An IDC survey of line of business managers (“Services & Software Leading Indicators”) reveals their concern about IT support reliability for business-critical systems. Customers complain because the ATM is down; the terminal at the retail store is offline; they can’t book a flight online; and/or worse, doctors cannot access patient files. Yet, the IT Directors can prove that the server was up 99.999% of the time.
So what's causing the downtime? How do you determine the “weakest link” of the myriad factors impacting the continuous availability of your entire end-to-end IT infrastructure?
![Stratus Technologies [logo]](http://www.stratus.com/images/logo-on-white.jpg)

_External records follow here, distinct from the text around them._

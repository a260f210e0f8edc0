-- ===== src/Matching/Assignment.antt =====
-- internal/matching/assignment.go: the Hungarian algorithm over a rectangular cost matrix.
-- Arrays are lists; every index that the source reads or writes is within its array.
use dispatch_lab.Prelude.{
  ℕ, zero, suc, ◌-◌, ◌^◌, Bool, true, false, Option, none, some, List, [], ◌∷◌, map, length, get_or,
  set, replicate, range, ltb, if◌then◌else◌, ◌==◌,
}
use dispatch_lab.Prelude.Float.{FloatOps, flt, ◌⊕◌, ◌⊖◌, num}
use dispatch_lab.Prelude.Sort as Sort

-- `Pair`.
pub record Pair (F : Type 0) : Type 0 where
  pub row : ℕ
  pub col : ℕ
  pub cost : F

-- The arrays of one call: potentials `u` and `v`, the row matched to each column (0 for none),
-- the way back, and the two arrays of one augmentation.
pub record Tableau (F : Type 0) : Type 0 where
  pub u : List F
  pub v : List F
  pub p : List ℕ
  pub way : List ℕ
  pub minv : List F
  pub used : List Bool

pub record Scan (F : Type 0) : Type 0 where
  pub tableau : Tableau F
  pub delta : F
  -- `none` is the initial `j1 = -1`.
  pub j1 : Option ℕ

abbrev pub row_at {ℓ} : {A : Type ℓ} → List (List A) → ℕ → List A
row_at m i = get_or m i []

-- `p[1:]`
abbrev pub tail_list : List ℕ → List ℕ
tail_list [] = []
tail_list (x ∷ xs) = xs

module _ {F : Type 0} ⦃fl : FloatOps F⦄ where
  abbrev pub cell : List (List F) → ℕ → ℕ → F
  cell m i j = get_or (row_at m i) j (num 0)

  -- `math.MaxFloat64 / 4`.
  abbrev pub infinity : F
  infinity = fl.literal (2 ^ 1022) 1

  unfoldable pub transpose : List (List F) → List (List F)
  transpose m =
      map (λ j. map (λ i. cell m i j) (range 0 (length m))) (range 0 (length (row_at m 0)))

  -- The body of the first loop over the columns, for an unused `j`.
  unfoldable pub scan_column : List (List F) → ℕ → ℕ → ℕ → Scan F → Scan F
  scan_column work i0 j0 j s =
      let t = s.tableau in
      let cur = cell work (i0 - 1) (j - 1) ⊖ get_or t.u i0 (num 0) ⊖ get_or t.v j (num 0) in
      let t' =
        (if flt cur (get_or t.minv j infinity)
          then record t { minv = set t.minv j cur; way = set t.way j j0 }
          else t) in
      let best = get_or t'.minv j infinity in
      if flt best s.delta
      then record { tableau = t'; delta = best; j1 = some j }
      else record s { tableau = t' }

  unfoldable pub scan_columns : List (List F) → ℕ → ℕ → List ℕ → Scan F → Scan F
  unfolding scan_column
  scan_columns work i0 j0 [] s = s
  scan_columns work i0 j0 (j ∷ js) s =
      scan_columns work i0 j0 js
        (if get_or s.tableau.used j false then s else scan_column work i0 j0 j s)

  -- The second loop: the potentials of the used columns move by `delta`, the slacks of the others.
  unfoldable pub shift_column : F → Tableau F → ℕ → Tableau F
  shift_column delta t j =
      let i = get_or t.p j 0 in
      if get_or t.used j false
      then record t {
        u = set t.u i (get_or t.u i (num 0) ⊕ delta);
        v = set t.v j (get_or t.v j (num 0) ⊖ delta);
      }
      else record t { minv = set t.minv j (get_or t.minv j infinity ⊖ delta) }

  unfoldable pub shift_columns : F → List ℕ → Tableau F → Tableau F
  unfolding shift_column
  shift_columns delta [] t = t
  shift_columns delta (j ∷ js) t = shift_columns delta js (shift_column delta t j)

  -- One round of the inner `for`: the new column and the arrays; `none` is the panic on `p[-1]`.
  unfoldable pub grow : List (List F) → ℕ → Tableau F → ℕ → Option (ℕ × Tableau F)
  unfolding scan_columns shift_columns
  grow work cols t j0 =
      let t' = record t { used = set t.used j0 true } in
      let i0 = get_or t'.p j0 0 in
      let s : Scan F = record { tableau = t'; delta = infinity; j1 = none } in
      let s' = scan_columns work i0 j0 (range 1 cols) s in
      elim s'.j1 [
        | none ↦ none
        | some j1 ↦ some (j1, shift_columns s'.delta (range 0 (suc cols)) s'.tableau)
      ]

  unfoldable pub augment : ℕ → List (List F) → ℕ → Tableau F → ℕ → Option (ℕ × Tableau F)
  augment zero work cols t j0 = none
  augment (suc fuel) work cols t j0 = elim (grow work cols t j0) [
    | none ↦ none
    | some (j1, t') ↦ elim (get_or t'.p j1 0 == 0) [
      | true ↦ some (j1, t')
      | false ↦ augment fuel work cols t' j1
    ]
  ]

  -- `for j0 != 0 { j1 := way[j0]; p[j0] = p[j1]; j0 = j1 }`
  unfoldable pub flip : ℕ → Tableau F → ℕ → Option (Tableau F)
  flip zero t j0 = if j0 == 0 then some t else none
  flip (suc fuel) t j0 =
      let j1 = get_or t.way j0 0 in
      let rest = flip fuel (record t { p = set t.p j0 (get_or t.p j1 0) }) j1 in
      if j0 == 0 then some t else rest

  -- The body of the loop over the rows.
  unfoldable pub add_row : List (List F) → ℕ → Tableau F → ℕ → Option (Tableau F)
  unfolding grow augment flip
  add_row work cols t i =
      let fresh = record t {
        p = set t.p 0 i;
        minv = replicate (suc cols) infinity;
        used = replicate (suc cols) false;
      } in
      elim (augment (suc cols) work cols fresh 0) [
        | none ↦ none
        | some (j0, t') ↦ flip (suc cols) t' j0
      ]

  unfoldable pub add_rows : List (List F) → ℕ → List ℕ → Tableau F → Option (Tableau F)
  add_rows work cols [] t = some t
  add_rows work cols (i ∷ is) t = elim (add_row work cols t i) [
    | none ↦ none
    | some t' ↦ add_rows work cols is t'
  ]

  unfoldable pub read_pairs : List (List F) → Bool → List ℕ → ℕ → List ℕ → List (Pair F)
  read_pairs original transposed p j [] = []
  read_pairs original transposed p j (i ∷ is) =
      let rest = read_pairs original transposed p (suc j) is in
      let r = if transposed then j - 1 else i - 1 in
      let c = if transposed then i - 1 else j - 1 in
      if i == 0 then rest else record { row = r; col = c; cost = cell original r c } ∷ rest

  unfoldable pub pair_less : Pair F → Pair F → Bool
  pair_less a b = ltb a.row b.row

  unfoldable pub solve : List (List F) → List (List F) → Bool → ℕ → ℕ → Option (List (Pair F))
  unfolding add_row add_rows read_pairs pair_less
  solve original work transposed rows cols =
      let start : Tableau F = record {
        u = replicate (suc rows) (num 0);
        v = replicate (suc cols) (num 0);
        p = replicate (suc cols) 0;
        way = replicate (suc cols) 0;
        minv = [];
        used = [];
      } in
      elim (add_rows work cols (range 1 rows) start) [
        | none ↦ none
        | some t ↦ some (Sort.sort pair_less (read_pairs original transposed t.p 1 (tail_list t.p)))
      ]

  -- `none` where the source would panic.
  unfoldable pub min_cost_assignment : List (List F) → Option (List (Pair F))
  unfolding transpose solve
  min_cost_assignment cost =
      let rows = length cost in
      let cols = length (row_at cost 0) in
      if rows == 0
      then some []
      else if cols == 0
      then some []
      else if ltb cols rows
      then solve cost (transpose cost) true cols rows
      else solve cost cost false rows cols
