-- ===== src/Matching/Baseline.antt =====
-- internal/matching/baseline.go: the nearest idle driver, for one order and for a batch. The
-- measured compute time that BaselineBatch also returns is left out.
pub mod Nearest
pub mod Batch
use dispatch_lab.Prelude.{
  elem, ℕ, String, Bool, true, false, not, ◌&&◌, Option, none, some, List, [], ◌∷◌, keep, map,
  str_eq, str_lt, if◌then◌else◌,
}
use dispatch_lab.Prelude.Float.{FloatOps, flt}
use dispatch_lab.Prelude.Map.{lookup, keys}
use dispatch_lab.Prelude.Sort as Sort
use dispatch_lab.Domain.Defs.{Driver, DriverStatus, Order, City}
use dispatch_lab.Routing.{Route, find_route}

abbrev pub is_idle : DriverStatus → Bool
is_idle DriverStatus.idle = true
is_idle _ = false

-- `Assignment` of optimized.go.
pub record Assignment (F : Type 0) : Type 0 where
  pub order_id : String
  pub driver_id : String
  pub to_pickup : Route F

module _ {F : Type 0} where
  unfoldable pub idle_key : List (String × Driver F) → String → Bool
  idle_key drivers id = elim (lookup id drivers) [ none ↦ false | some d ↦ is_idle d.status ]

  -- The ids of the drivers that are idle and not excluded.
  unfoldable pub free_ids : List String → List (String × Driver F) → List String
  unfolding idle_key
  free_ids exclude drivers =
      keep (λ id. idle_key drivers id && not (elem id exclude)) (keys drivers)

  unfoldable pub order_less : Order F → Order F → Bool
  order_less a b = str_lt a.id b.id

module _ {F : Type 0} ⦃fl : FloatOps F⦄ where
  unfoldable pub is_closer : Route F → Option (String × Route F) → Bool
  is_closer r none = true
  is_closer r (some (id, best)) = flt r.distance best.distance

  -- One candidate against the best so far.
  unfoldable pub consider :
      City F
      → List (String × Driver F)
      → String
      → Option (String × Route F)
      → String
      → Option (String × Route F)
  unfolding is_closer
  consider c drivers pickup best id = elim (lookup id drivers) [
    | none ↦ best
    | some d ↦ elim (find_route c d.position pickup) [
      | none ↦ best
      | some r ↦ if is_closer r best then some (id, r) else best
    ]
  ]

  unfoldable pub pick_nearest :
      City F
      → List (String × Driver F)
      → String
      → Option (String × Route F)
      → List String
      → Option (String × Route F)
  pick_nearest c drivers pickup best [] = best
  pick_nearest c drivers pickup best (id ∷ ids) =
      pick_nearest c drivers pickup (consider c drivers pickup best id) ids

  unfoldable pub baseline_excluding :
      City F → List (String × Driver F) → String → List String → Option (String × Route F)
  unfolding free_ids consider pick_nearest
  baseline_excluding c drivers pickup exclude =
      pick_nearest c drivers pickup none (Sort.sort str_lt (free_ids exclude drivers))

  unfoldable pub baseline : City F → List (String × Driver F) → String → Option (String × Route F)
  unfolding baseline_excluding
  baseline c drivers pickup = baseline_excluding c drivers pickup []

  unfoldable pub batch_loop :
      City F → List (String × Driver F) → List String → List (Order F) → List (Assignment F)
  batch_loop c drivers taken [] = []
  batch_loop c drivers taken (o ∷ os) = elim (baseline_excluding c drivers o.pickup taken) [
    | none ↦ batch_loop c drivers taken os
    | some (id, r) ↦
        record { order_id = o.id; driver_id = id; to_pickup = r }
        ∷ batch_loop c drivers (id ∷ taken) os
  ]

  unfoldable pub baseline_batch :
      City F → List (String × Driver F) → List (Order F) → List (Assignment F)
  unfolding order_less batch_loop baseline_excluding
  baseline_batch c drivers orders = batch_loop c drivers [] (Sort.sort order_less orders)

Nick D. There's no "weakest link". The issues change so frequently that it is virtually impossible to determine what is going to go wrong unless you have some type of performance monitoring tools. The best option we've used is to monitor the applications, database, and network and then responding as quickly as possible to reduce the downtime. How do you prevent downtime vs. minimize it?
There are so many components to the problem it practically requires a PhD to determine the cause of the downtime! We start by considering the firewall and router availability levels; if they look good, then assuming the application travels through a WAN or LAN, we factor in the SLA from the Telecom provider (typically they won’t go above 99% which means 44 hours of downtime a year). Next, we have to include our application availability and the data feeds from the database they access and that’s how you derive “unplanned” downtime. Of course, we can’t forget about the “planned” downtime due to change management, system maintenance, etc. When you add everything up we could be looking at 98% availability or 175 hours of downtime per year!